1. An insurance company develops a new type of insurance plan that combines attributes of both health insurance and life insurance. Annual or monthly premiums are paid just like a life insurance policy, and the payments are invested by the insurance company in relatively safe, stable investments.
2. The U.S. government gives every taxpayer a deduction up to $5,000 per year ($5,000 per year for each family member, for those with dependents) in premiums for this "hybrid" insurance policy. This amount may increase over time as the taxpayer ages, or simply to keep up with inflation.
3. Taxpayers are free to make withdrawals from these accounts for health expenses. Maybe this is for ANY health expense, or only for major expenses requiring surgery, hospitalization, etc.
4. Any money that is left in the account when the person dies is treated as a life insurance benefit, and is passed on to a named beneficiary tax-free (as is the case now).
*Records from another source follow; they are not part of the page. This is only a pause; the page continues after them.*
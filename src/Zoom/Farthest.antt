-- ===== src/Zoom/Farthest.antt =====
-- The loop of kv8zoom/PathSimplifier.cpp that looks for the farthest point.
use kv8_metrics.Prelude.{
  ℕ, zero, suc, ◌+◌, ◌≤◌, ◌<◌, ◌≡◌, refl, ap, subst, ◌∙◌, ◌⊎◌, inl, inr, Bool, true, false, List,
  Bool-cases, arith,
}
use native.Mathlib.Decide.{ℕ_discrete}
use kv8_metrics.Zoom.Trail.{TrailPoint, Metric, deviation, farthest}

-- What the comparison of doubles keeps to; `IsNumber` leaves out NaN.
pub record Ordered (less : ℕ → ℕ → Bool) : Type 1 where
  pub IsNumber : ℕ → Type 0
  pub zero_number : IsNumber 0
  pub less_number : {a b : ℕ} → less a b ≡ true → IsNumber b
  pub not_self : (a : ℕ) → less a a ≡ false
  pub not_both : {a b : ℕ} → less a b ≡ true → less b a ≡ false
  pub not_less_trans :
      (a b c : ℕ) → IsNumber b → less a b ≡ false → less b c ≡ false → less a c ≡ false

module _ (mt : Metric) (epsilon : ℕ) (pts : List TrailPoint) where
  module _ (o : Ordered mt.less) (first last : ℕ) where
    -- What the loop finds: a place among the points, or the start; no deviation seen is greater.
    pub record Farthest (count i : ℕ) (best found : ℕ × ℕ) : Type 0 where
      pub is_number : o.IsNumber found.0
      pub above : (v : ℕ) → mt.less best.0 v ≡ false → mt.less found.0 v ≡ false
      pub seen :
          (j : ℕ)
          → i ≤ j
          → j < i + count
          → mt.less found.0 (deviation mt epsilon pts first last j) ≡ false
      pub place : (found ≡ best) ⊎ ((i ≤ found.1) × (found.1 < i + count))

    Farthest-step :
        (count i : ℕ) (best next found : ℕ × ℕ)
        → ((v : ℕ) → mt.less best.0 v ≡ false → mt.less next.0 v ≡ false)
        → mt.less next.0 (deviation mt epsilon pts first last i) ≡ false
        → (next ≡ best) ⊎ (next.1 ≡ i)
        → Farthest count (i + 1) next found
        → Farthest (suc count) i best found
    Farthest-step count i best next found up here which q = record {
      is_number = q.is_number;
      above = λ v h. q.above v (up v h);
      seen = λ j h1 h2. elim (ℕ_discrete i j) [
        | yes e ↦
            q.above _
              (subst (λ k. mt.less next.0 (deviation mt epsilon pts first last k) ≡ false) e here)
        | no other ↦ q.seen j (omega arith) (omega arith)
      ];
      place = elim q.place [
        | inr within ↦ inr (omega (arith, within.0), omega (arith, within.1))
        | inl e ↦ elim which [
          | inl same ↦ inl (e ∙ same)
          | inr at_i ↦
              let at : found.1 ≡ i = ap (λ p. p.1) e ∙ at_i in
              inr (omega (arith, at), omega (arith, at))
        ]
      ];
    }

    pub farthest-Farthest :
        (count i : ℕ) (best : ℕ × ℕ)
        → o.IsNumber best.0
        → Farthest count i best (farthest mt epsilon pts first last count i best)
    unfolding farthest
    farthest-Farthest zero i best n = record {
      is_number = n;
      above = λ v h. h;
      seen = λ j h1 h2. absurd (omega arith);
      place = inl refl;
    }
    farthest-Farthest (suc count) i best n =
        let d = deviation mt epsilon pts first last i in
        elim (Bool-cases (mt.less best.0 d)) [
          | inl e ↦ rw e (
              Farthest-step count i best (d, i) _
                (λ v h. o.not_less_trans d best.0 v n (o.not_both e) h) (o.not_self d) (inr refl)
                (farthest-Farthest count (i + 1) (d, i) (o.less_number e)))
          | inr e ↦ rw e (
              Farthest-step count i best best _ (λ v h. h) e (inl refl)
                (farthest-Farthest count (i + 1) best n))
        ]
5. I see only two roles for the government in this: (A) changing the tax code as I've described, and (B) perhaps serving as an independent regulatory body (like a pension review board) to ensure that the investments are appropriate for the long-term solvency of the insurance pool.
Sounds like a HSA.
The reason it was so popular is because there was a nation wide wage & price freeze. The reason for that was to prevent rapid escalation (inflation) as companies competed for personnel to service war time contracts. The loophole they discovered was to offer health insurance; the IRS helped out by determining it was a non-taxable benefit. And thus the employer provided health insurance industry exploded.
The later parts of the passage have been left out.